Na insuficiência de provas de autoria os jurados avaliam as provas constantes dos autos, e até mesmo eventualmente produzidas durante o julgamento popular, e decidem que tais provas não são suficientes para que eles possam formar um juízo positivo de condenação, absolvendo, assim, o acusado.

Trata-se de decisão absolutamente soberana, eis que este juízo de valor acerca de ser ou não a prova dos autos suficiente para se condenar alguém é exclusivamente dos jurados, reitere-se, por definição e determinação da Carta Política de 1988.

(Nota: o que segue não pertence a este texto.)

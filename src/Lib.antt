-- ===== src/Lib.antt =====
-- tinyFaaS-ext: a FaaS platform for a small cluster whose leader powers its worker nodes on and off
-- through relays. Paths are those of the repository.
--
-- The parts and how they interact. A request reaches the HTTP front end of the leader. It takes a
-- snapshot of the node registry, lets the scheduler choose a node, has the registry wake it if need
-- be (relay, health check, deployment of every function of the store), and calls the function: on
-- the leader through the reverse proxy, on a worker by forwarding. A controller loop powers idle
-- nodes off and takes dead ones back. The management service of a node creates and destroys the
-- containers and tells the reverse proxy, whose process keeps proxy, store and awake workers in step.
--
-- The files:
--   Node         tinyFaaS-ext/pkg/cluster/types.go: `Node`, `NodeStatus`.
--   Scheduler    tinyFaaS-ext/pkg/cluster/scheduler.go: `PickNode` with its four slots (`consider`,
--                `scan`, `choose`). Scheduler/Order is a plain order on nodes, Scheduler/Best
--                relates the two.
--   Config       tinyFaaS-ext/pkg/cluster/config.go: `ControllerConfig`. Config/Topology has
--                `ValidateNodes` and `LoadNodes`, Config/Topology/Valid the topologies it accepts,
--                Config/Env the settings of the environment and Config/Env/Limits their bounds.
--   Functions    tinyFaaS-ext/pkg/cluster/functions.go: `FunctionStore`.
--   Relay        tinyFaaS-ext/tinkerforgefunc/main.go: `TinkerforgeController` as a state with its
--                desired positions; `set_channel` is `setChannel`. Relay/Laws states what bricklets
--                promise, reads that lag behind a write included, Relay/Outlets what a switch does,
--                Relay/Alias which outlets two workers of an accepted topology can share.
--   Outside      the calls that the registry makes: `PowerController`, the HTTP clients, the clock.
--   Registry     tinyFaaS-ext/pkg/cluster/registry.go: the nodes, and the methods that are one
--                critical section. Registry/Wake has `ActivateNode` and `wakeNode`, Registry/Sweep
--                `RecoverDead`, `DeactivateNode`, `EnforceSleeping`, `PrewarmAll` and the
--                broadcasts. Registry/Sweep/Power and Registry/Wake/Power relate recorded sleep to
--                the relays. Registry/Threads has the interleavings of `ActivateNode`: a step
--                relation on a registry and its goroutines, one critical section to a step.
--   Controller   tinyFaaS-ext/pkg/cluster/controller.go: a round of the loop and its repetition.
--   Traffic      requests and the controller's loop at the same time: a step relation on a
--                registry, its requests (tinyFaaS-ext/pkg/http/http.go) and the loop
--                (tinyFaaS-ext/pkg/cluster/controller.go). Traffic/Loads counts the requests in
--                flight, Traffic/Cut has a node powered off under one.
--   Proxy        tinyFaaS-ext/pkg/rproxy/rproxy.go: `Add`, `Del`, `Call`, `GetFunctionLastUsed`.
--   Front        tinyFaaS-ext/pkg/http/http.go: the handler (`serve`), panics included.
--   Admin        tinyFaaS-ext/cmd/rproxy/main.go: the endpoints of the leader's process and the
--                start of the registry; Admin/Arguments has the reading of the arguments.
--   Wiring       tinyFaaS-ext/cmd/rproxy/main.go: the relay controller in the place of the
--                registry's `PowerController`; Relay/Off has what a switch-off leaves of the
--                relays.
--   Fronts       tinyFaaS-ext/pkg/coap/coap.go and tinyFaaS-ext/pkg/grpc/grpc.go: the front ends
--                that hand a message to `Call`.
--   Manager      tinyFaaS-ext/pkg/manager/manager.go: `createFunction` and `Delete`. Manager/Rounds
--                has `Wipe`, `Stop` and the idle teardown, Manager/Service `Upload`, `UrlUpload`,
--                `Logs`, `LogsFunction` and `Healthy`.
--   Docker       tinyFaaS-ext/pkg/docker/handler.go: `RemoveOrphans`, `Ping` and `Create`;
--                Docker/Run has `Start`, `Destroy` and `Logs`. Docker/Holdings states what the
--                engine promises about the containers, networks and images that there are;
--                Docker/Creation, Docker/Kept and Docker/RoundTrip follow them through the life of
--                a function, Docker/Orphans through the cleanup, and Docker/Waiting has the loop
--                that waits.
--   Api          tinyFaaS-ext/cmd/manager/main.go: the handlers and routes of the management
--                process. Api/Deployment relates the upload to `deployFunction` of the registry,
--                Api/Methods has what requests may change, Api/Ports the ports and the arguments
--                for the reverse proxy, and Api/Ports/Handover that they are read as they are
--                meant.
--   Verify       tinyFaaS-ext/cmd/verify-wiring/main.go: the check of one worker. Verify/Report has
--                the run over all workers and its verdicts, and parseBricklets;
--                Verify/Report/Backed has what its flags stand for, Verify/Report/Agreement what a
--                clean report means, Verify/Report/Deadline that a run ends, and Verify/Report/Off
--                which workers it leaves off.
--   Archive      tinyFaaS-ext/pkg/util/zip.go: `Unzip`; Archive/Inside says where it writes.
--   Base         shared names, Go's signed integers, maps as lists of entries, results, numbers as
--                text (Base/Decimal), and calls that change a state and may fail (Base/Io). Checks
--                holds sample clusters, tests and the theorems applied to them.
--
-- How it is modelled. A state is a record; an operation takes it, with the world `W` where it
-- calls outside, and returns what it makes of both. What a call changed before it failed stays
-- changed. Errors are constructors that carry the values the messages print; what is logged is
-- left out. A panic is a value of its own (`no_signal`, `aborted`, `nil_response`). Third-party
-- code, the network, the clock and the interfaces `PowerController` and `Backend` are records of
-- functions over any `W`: `Bricklets`, `Outside`, `Client`, `Host`, `Engine`, `Service`, `Bench`,
-- `Watts`, `Files`; `time.ParseDuration` is a function. Theorems that need their documented
-- behaviour take it as a hypothesis (`Physics`, `Deploys`, `Powers`, `Holdings`, `TakesEffect`,
-- `Lists`, `Clock`, `Beneath`). In `Physics`, a read of a relay that has been written to may tell
-- anything. `int` has 64 bits: loads wrap where they are raised; times are nanoseconds from the
-- zero time and `time.Since` saturates. A map is the list of its entries in the order of `range`,
-- so that what holds for each list holds for each order.
--
-- Bounds. `wait_for_node_ready` runs on `healthCheckAttempts`, the bound of its loop in the
-- source; `start_controller` takes the number of rounds, since its loop does not end; `ready_loop`
-- of the docker backend has fuel 10, one more than its health checks, `show_digits` has one more
-- than the number, and `watch` of the wiring check has 46, one more than its deadline has rounds.
-- All else is structural recursion.
--
-- Not modelled: JSON, the servers' plumbing, file contents, and the texts of log messages; the
-- copies of files; the signals, pipes and the unpacked binary of the management process; what the
-- wiring check prints. Outside Registry/Threads and Traffic, operations do not interleave, and the
-- goroutines of a deployment, a broadcast, a prewarming, and of the docker backend's `Start` and
-- `Destroy` run one after the other.
pub mod Base
pub mod Node
pub mod Scheduler
pub mod Config
pub mod Relay
pub mod Functions
pub mod Registry
pub mod Outside
pub mod Wiring
pub mod Proxy
pub mod Front
pub mod Fronts
pub mod Admin
pub mod Docker
pub mod Manager
pub mod Api
pub mod Controller
pub mod Traffic
pub mod Verify
pub mod Archive
pub mod Checks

Já em relação à tese de negativa de autoria, o que se está a sustentar para os jurados é que não foi o acusado quem teria atentado contra a vida da vítima, e, caso a tese seja acolhida com a absolvição, eventual recurso de apelação da acusação pode ser válida e constitucionalmente acolhido, visto que esta decisão absolutória pode ser mesmo manifestamente contrária à prova dos autos.

Isto porque existe uma distância abissal entre defender que não foi determinado acusado quem praticou o crime, e defender que não há nos autos do processo prova suficiente de que foi o mesmo quem o praticou.

E no caso de absolvição pelos jurados por insuficiência de provas de autoria ou de participação, trata-se de decisão baseada em legítimo juízo de valor por eles formulado, a partir da análise que fizeram da prova dos autos, impossível de ser cassada por qualquer tribunal, pois tal decisão foi proferida dentro de seu constitucional espaço de soberania.

Conclui-se, portanto, que é imperioso que comecemos a levar para os tribunais de apelação este entendimento de que os veredictos populares proferidos, que estejam baseados em algum juízo de valor formulado pelos jurados, a partir da avaliação que fizeram da prova dos autos, não podem ser validamente cassados, devendo ser respeitados, vez que tais decisões se encontram tuteladas constitucionalmente pelo espaço de soberania.

E mais, parece clara a sinalização de que os tribunais superiores reconhecerão e respeitarão a existência deste espaço de soberania.

Flávio Rodrigues Lélles é defensor público estadual (MG).